You know those recipes that you just know? The things you don’t need to look up in a cookbook. The 5 things you fall back on in your cooking rotation. Mine seems to go something like this… roast chicken (and then chicken stock), bread, lasagna, chocolate chip cookies, and fruit crisps.
And that is the subject of today’s post. The humble fruit crisp … or fruit crumble (depending where you’re from).
Why bother with crisps? Crisps are easy to make and an easy recipe to remember – just a few ingredients from your pantry. They are flexible – put in any kind of fruit and add the topping. They are forgiving – no need to roll a perfect pie crust and stress about fluting the edges. You can serve them warm or cold. With ice cream or without. In fancy little dishes to be posh, or in a big bowl covered with cream to be cozy. For dessert, or a snack.

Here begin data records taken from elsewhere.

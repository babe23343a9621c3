-- ===== src/Cpplint/TextInside/Nested.antt =====
-- `_GetTextInside` of build_support/cpplint.py finds the closing punctuation that matches.
use cmu.Base.{
  append-nil, sym, ◌≡⟨◌⟩◌, ◌∎, ℕ, ◌≡◌, refl, ap, ◌∙◌, true, false, Option, none, some, List, [],
  ◌∷◌, ◌++◌, append_assoc, arith, Text,
}
use cmu.Regex.{Re, Cursor, search_multiline}
use cmu.Cpplint.TextInside.{
  is_opening, is_closing, matching_punctuation, cons_text, text_until, behind_match,
  get_text_inside,
}

-- a text in which each bracket is matched by one of its kind
pub data IsNested : Text → Type 0 where
  nil : IsNested []
  other :
      (c : ℕ) {s : Text}
      → is_opening c ≡ false
      → is_closing c ≡ false
      → IsNested s
      → IsNested (c ∷ s)
  brackets :
      (c : ℕ) (s t : Text)
      → is_opening c ≡ true
      → IsNested s
      → IsNested t
      → IsNested (c ∷ s ++ matching_punctuation c ∷ t)

abbrev before_text : Text → Option Text → Option Text
before_text s none = none
before_text s (some t) = some (s ++ t)

abbrev IsTop : ℕ → Type 0
IsTop top = is_closing top ≡ true

-- what a character that is no bracket does, and one that opens
text_until-other :
    (c top : ℕ) (stack : List ℕ) (s : Text)
    → IsTop top
    → is_opening c ≡ false
    → is_closing c ≡ false
    → text_until top stack (c ∷ s) ≡ cons_text c (text_until top stack s)
unfolding text_until
text_until-other c top stack s k o e = ground arith

text_until-opening :
    (c top : ℕ) (stack : List ℕ) (s : Text)
    → IsTop top
    → is_opening c ≡ true
    → text_until top stack (c ∷ s)
      ≡ cons_text c (text_until (matching_punctuation c) (top ∷ stack) s)
unfolding text_until
text_until-opening c top stack s k o = ground arith

text_until-closing :
    (top next : ℕ) (stack : List ℕ) (s : Text)
    → text_until top (next ∷ stack) (top ∷ s) ≡ cons_text top (text_until next stack s)
unfolding text_until
text_until-closing top next stack s = ground arith

text_until-end : (top : ℕ) (s : Text) → text_until top [] (top ∷ s) ≡ some []
unfolding text_until
text_until-end top s = ground arith

matching-IsTop : (c : ℕ) → is_opening c ≡ true → IsTop (matching_punctuation c)
matching-IsTop c o = ground arith

before_text-nil : (o : Option Text) → o ≡ before_text [] o
before_text-nil none = refl
before_text-nil (some t) = refl

cons-before_text :
    (c : ℕ) (s : Text) (o : Option Text) → cons_text c (before_text s o) ≡ before_text (c ∷ s) o
cons-before_text c s none = refl
cons-before_text c s (some t) = refl

brackets-before_text :
    (c d : ℕ) (s u : Text) (o : Option Text)
    → cons_text c (before_text s (cons_text d (before_text u o))) ≡ before_text (c ∷ s ++ d ∷ u) o
brackets-before_text c d s u none = refl
brackets-before_text c d s u (some t) = ap (λ x. some (c ∷ x)) (sym (append_assoc s (d ∷ u) t))

-- A nested text is read as a whole, whatever is expected behind it.
text_until-IsNested :
    {s : Text} (n : IsNested s) (top : ℕ) (stack : List ℕ) (t : Text)
    → IsTop top
    → text_until top stack (s ++ t) ≡ before_text s (text_until top stack t)
text_until-IsNested nil top stack t k = before_text-nil (text_until top stack t)
text_until-IsNested (other c {s} o e n) top stack t k =
    text_until-other c top stack (s ++ t) k o e
    ∙ ap (cons_text c) (text_until-IsNested n top stack t k)
    ∙ cons-before_text c s (text_until top stack t)
text_until-IsNested (brackets c s u o n m) top stack t k =
    text_until top stack (c ∷ ((s ++ matching_punctuation c ∷ u) ++ t))
    ≡⟨ ap (λ x. text_until top stack (c ∷ x)) (append_assoc s (matching_punctuation c ∷ u) t) ⟩
      text_until top stack (c ∷ (s ++ (matching_punctuation c ∷ (u ++ t))))
    ≡⟨ text_until-opening c top stack (s ++ (matching_punctuation c ∷ (u ++ t))) k o ⟩
      cons_text c (
        text_until (matching_punctuation c) (top ∷ stack)
          (s ++ (matching_punctuation c ∷ (u ++ t))))
    ≡⟨ ap (cons_text c) (
        text_until-IsNested n (matching_punctuation c) (top ∷ stack)
          (matching_punctuation c ∷ (u ++ t)) (matching-IsTop c o)) ⟩
      cons_text c (
        before_text s
          (text_until (matching_punctuation c) (top ∷ stack) (matching_punctuation c ∷ (u ++ t))))
    ≡⟨ ap (λ x. cons_text c (before_text s x))
        (text_until-closing (matching_punctuation c) top stack (u ++ t)) ⟩
      cons_text c
        (before_text s (cons_text (matching_punctuation c) (text_until top stack (u ++ t))))
    ≡⟨ ap (λ x. cons_text c (before_text s (cons_text (matching_punctuation c) x)))
        (text_until-IsNested m top stack t k) ⟩
      cons_text c (
        before_text s (cons_text (matching_punctuation c) (before_text u (text_until top stack t))))
    ≡⟨ brackets-before_text c (matching_punctuation c) s u (text_until top stack t) ⟩
      before_text (c ∷ (s ++ matching_punctuation c ∷ u)) (text_until top stack t) ∎

-- If the search for the pattern with `re.M` finds a match that has read an opening punctuation last, and a
-- text in which the punctuations are nested stands behind it and then the one that matches it, that text
-- is what `_GetTextInside` returns.
pub get_text_inside-IsNested :
    (whole : Text) (start_pattern : Re) (i c : ℕ) (m : Cursor) (before s rest : Text)
    → search_multiline start_pattern whole ≡ some (i, m)
    → m.before ≡ c ∷ before
    → m.rest ≡ s ++ matching_punctuation c ∷ rest
    → is_opening c ≡ true
    → IsNested s
    → get_text_inside whole start_pattern ≡ some (some s)
unfolding get_text_inside behind_match
get_text_inside-IsNested whole start_pattern i c m before s rest found b r o n =
    rw (found, get_text_inside)
      (rw (b, behind_match)
        (rw (r, behind_match)
          (rw (o, behind_match)
            (ap (λ x. some x)
              (text_until-IsNested n (matching_punctuation c) [] (matching_punctuation c ∷ rest)
                  (matching-IsTop c o)
                ∙ ap (before_text s) (text_until-end (matching_punctuation c) rest)
                ∙ ap (λ x. some x) (append-nil s))))))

(Or, let’s be honest here … as breakfast! In my mind oatmeal + cinnamon + fruit = breakfast. Just stir it into a little bit of plain yogurt, et voila!)
I made my first strawberry rhubarb crisp of the season, the first of many to come this summer. (Although I promise I will get around to making a proper strawberry rhubarb pie, I really will!). And as you’ll see from the pictures, I made two separate dishes of crisp with the good intention of having one for myself and one for Zak.

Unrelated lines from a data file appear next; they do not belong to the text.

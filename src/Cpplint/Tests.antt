-- ===== src/Cpplint/Tests.antt =====
-- Runs of the checks of lines, of the cleansing of lines and of the lengths of functions.
use cmu.Base.{◌<◌, none, arith, ℕ, List, ◌≡◌, refl, true, some, [], ◌∷◌, length, text}
use cmu.Cpplint.Cleansed.Rounds.{collapse_from-enough, open_raw_strings-enough}
use cmu.Regex.{Re, alt, bol, cat, lit, search_multiline}
use cmu.Cpplint.TextInside.{get_text_inside}
use cmu.Cpplint.TextInside.Nested.{IsNested, nil, other, brackets, get_text_inside-IsNested}
use cmu.Cpplint.Inheritance.{check_redundant_virtual}
use cmu.Cpplint.Report.{report}
use cmu.Cpplint.Cleansed.{
  cleansed_lines, collapse_strings, cleanse_raw_strings, collapse_from, open_raw_strings,
}
use cmu.Cpplint.Cleansed.Copies.{cleansed_lines-length}
use cmu.Cpplint.LineChecks.{
  check_for_newline_at_eof, check_posix_threading, check_invalid_increment,
  get_previous_non_blank_line,
}
use cmu.Cpplint.LineChecks.Blank.{IsPrevious, get_previous_non_blank_line_lem}
use cmu.Cpplint.Function.{begin_function, initial}
use cmu.Cpplint.Expression.{close_expression}
use cmu.Cpplint.Declarations.{
  is_derived_function, is_out_of_line_method_definition, is_macro_definition,
  is_forward_class_declaration, flag_cxx14_features,
}
use cmu.Cpplint.FunctionLengths.{check_for_function_lengths}

cleansed_lines-length_example :
    let c = cleansed_lines (text "x = R\"(a" ∷ text "b)\";" ∷ []) in
    (c.num_lines ≡ 2)
    × (length c.elided ≡ c.num_lines)
    × (length c.lines ≡ c.num_lines)
    × (length c.raw_lines ≡ c.num_lines)
    × (length c.lines_without_raw_strings ≡ c.num_lines)
cleansed_lines-length_example = cleansed_lines-length (text "x = R\"(a" ∷ text "b)\";" ∷ [])

get_previous_non_blank_line_lem_example :
    IsPrevious
      (text "a" ∷ text " " ∷ text "b" ∷ [])
      2
      (get_previous_non_blank_line (text "a" ∷ text " " ∷ text "b" ∷ []) 2)
get_previous_non_blank_line_lem_example =
    get_previous_non_blank_line_lem (text "a" ∷ text " " ∷ text "b" ∷ []) 2

test_raw :
    cleanse_raw_strings (text "x = R\"(a" ∷ text " b" ∷ text "  c)\" + R\"y()y\";" ∷ [])
    ≡ text "x = \"\"" ∷ text "\"\"" ∷ text "  \"\" + \"\";" ∷ []
unfolding cleanse_raw_strings
test_raw = refl

test_collapse : collapse_strings (text "f(\"a\\\"b\", 'c', 1'000)") ≡ text "f(\"\", '', 1000)"
unfolding collapse_strings
test_collapse = refl

test_include : collapse_strings (text "#include \"a.h\"") ≡ text "#include \"a.h\""
unfolding collapse_strings
test_include = refl

test_previous :
    get_previous_non_blank_line (text "a" ∷ text " " ∷ text "b" ∷ []) 2 ≡ some (text "a", 0)
unfolding get_previous_non_blank_line
test_previous = refl

test_eof :
    check_for_newline_at_eof (text "a.cc") (text "// m" ∷ text "x" ∷ [] ∷ text "// m" ∷ []) ≡ []
unfolding check_for_newline_at_eof
test_eof = refl

test_increment :
    check_invalid_increment (text "a.cc") (text "  *count++;") 4
    ≡ report
        (text "a.cc")
        4
        "runtime/invalid_increment"
        5
        (text "Changing pointer instead of value (or unused value of operator*).")
      ∷ []
unfolding check_invalid_increment
test_increment = refl

test_threading : length (check_posix_threading (text "a.cc") (text "x = rand();") 4) ≡ 1
unfolding check_posix_threading
test_threading = refl

test_function_begins :
    check_for_function_lengths 0
      (text "a.cc")
      (text "int Run(int a," ∷ text "  int b) {" ∷ [])
      0
      initial
    ≡ some (
      record { in_a_function = true; lines_in_function = 0; current_function = text "Run()" },
      [],
    )
unfolding check_for_function_lengths begin_function
test_function_begins = refl

test_derived :
    is_derived_function (text "  int Run(int a," ∷ text "          int b) override {" ∷ []) 1 ≡ true
unfolding is_derived_function close_expression
test_derived = refl

test_out_of_line :
    is_out_of_line_method_definition (text "int A::Run(" ∷ text "  int b) {" ∷ []) 1 ≡ true
unfolding is_out_of_line_method_definition
test_out_of_line = refl

test_macro : is_macro_definition (text "#define A \\" ∷ text "  b" ∷ []) 1 ≡ true
unfolding is_macro_definition
test_macro = refl

test_forward : is_forward_class_declaration (text "template <class T> class A;") ≡ true
unfolding is_forward_class_declaration
test_forward = refl

test_cxx14 : length (flag_cxx14_features (text "a.cc") (text "#include <shared_mutex>") 3) ≡ 1
unfolding flag_cxx14_features
test_cxx14 = refl

abbrev quoted : List ℕ
quoted = text "f(\"a\", 1'000, 'b')"

quoted-short : length quoted < 19
quoted-short = omega arith

quoted-shorter : length quoted < 40
quoted-shorter = omega arith

collapse_from-enough_example : collapse_from (λ t. t) 19 quoted ≡ collapse_from (λ _. []) 40 quoted
collapse_from-enough_example =
    collapse_from-enough (λ t. t) (λ _. []) 19 40 quoted quoted-short quoted-shorter

abbrev raw : List ℕ
raw = text "x = R\"(a)\" + R\"b(\" "

raw-short : length raw < 22
raw-short = omega arith

raw-shorter : length raw < 40
raw-shorter = omega arith

open_raw_strings-enough_example :
    open_raw_strings (λ t. (t, none)) 22 raw ≡ open_raw_strings (λ _. ([], none)) 40 raw
open_raw_strings-enough_example =
    open_raw_strings-enough (λ t. (t, none)) (λ _. ([], none)) 22 40 raw raw-short raw-shorter

-- (^g|h)\(
abbrev line_start_g : Re
line_start_g = cat (alt (cat bol (lit "g")) (lit "h")) (lit "(")

-- `^` matches at the start of every line.
test_multiline : get_text_inside (text "\ng(b) h(a)") line_start_g ≡ some (some (text "b"))
unfolding get_text_inside
test_multiline = refl

abbrev printf_paren : Re
printf_paren = lit "printf("

printf_inside : IsNested (text "a(), b[c]")
printf_inside = other b'a' refl refl (
    brackets b'(' [] (text ", b[c]") refl nil (
      other b',' refl refl (
        other b' ' refl refl (
          other b'b' refl refl (brackets b'[' (text "c") [] refl (other b'c' refl refl nil) nil)))))

get_text_inside-IsNested_example :
    get_text_inside (text "printf(a(), b[c]); f()") printf_paren ≡ some (some (text "a(), b[c]"))
unfolding search_multiline
get_text_inside-IsNested_example =
    get_text_inside-IsNested (text "printf(a(), b[c]); f()") printf_paren 0 b'('
      (record { before = text "(ftnirp"; rest = text "a(), b[c]); f()"; groups = [] })
      (text "ftnirp") (text "a(), b[c]") (text "; f()") refl refl refl refl printf_inside

abbrev two_functions : List ℕ
two_functions = text "  void g() final; virtual void f();"

-- The search for the parameters of a virtual function starts at column 7, whatever the column of the
-- word: here it takes the specifier of the function before for that of the virtual one.
test_virtual_column :
    check_redundant_virtual (text "a.h") (two_functions ∷ []) 0 two_functions
    ≡ report
        (text "a.h")
        0
        "readability/inheritance"
        4
        (text "\"virtual\" is redundant since function is already declared as \"final\"")
      ∷ []
unfolding check_redundant_virtual
test_virtual_column = refl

But I am weak around rhubarb and ate one and a half of them myself. Oops.
Will have to find some more rhubarb to make round #2 next weekend.
Strawberry Rhubarb Crisp (or Strawberry Rhubarb Crumble)
Adapted from my mom’s classic apple crisp recipe
4 cups sliced fruit
2/3 to 3/4 c. brown sugar, packed. (depending how tart your fruit is. For rhubarb, use 3/4 c. For sweet peaches and berries, use less).
1/2 c. flour
1/2 c. oats
1 tsp cinnamon
1/2 tsp. ginger
1/3 c. salted butter, softened.
Heat oven to 375F. Butter an 8×8 pan, or 2 smaller dishes, or 6 individual ramekins.
Place fruit in dish. My rhubarb was especially tart so I sprinkled it with 1 TB of white sugar.
In a separate bowl, mix flour, oats, sugar and spices. Now here comes the only challenging bit of the entire recipe – mix in the butter. If the butter is soft you can do this with a spoon or your hands. If it’s slightly harder, you might use a pastry blender (see picture). You want the topping to make little crumbly bits, so spread the butter throughout until it’s crumbly, but not so much to make one solid dough.
Using your hands, sprinkle the topping evenly over the fruit, breaking up any really big crumbles. If you want to be really naughty, you can put little dots of butter across the top of the crisp to make it extra crispy.
Bake for 30 minutes until fruit is tender and top is golden brown.
Eat warm, cold or room temperature. With ice cream, pouring cream, yogurt or plain. Equally delicious the next day.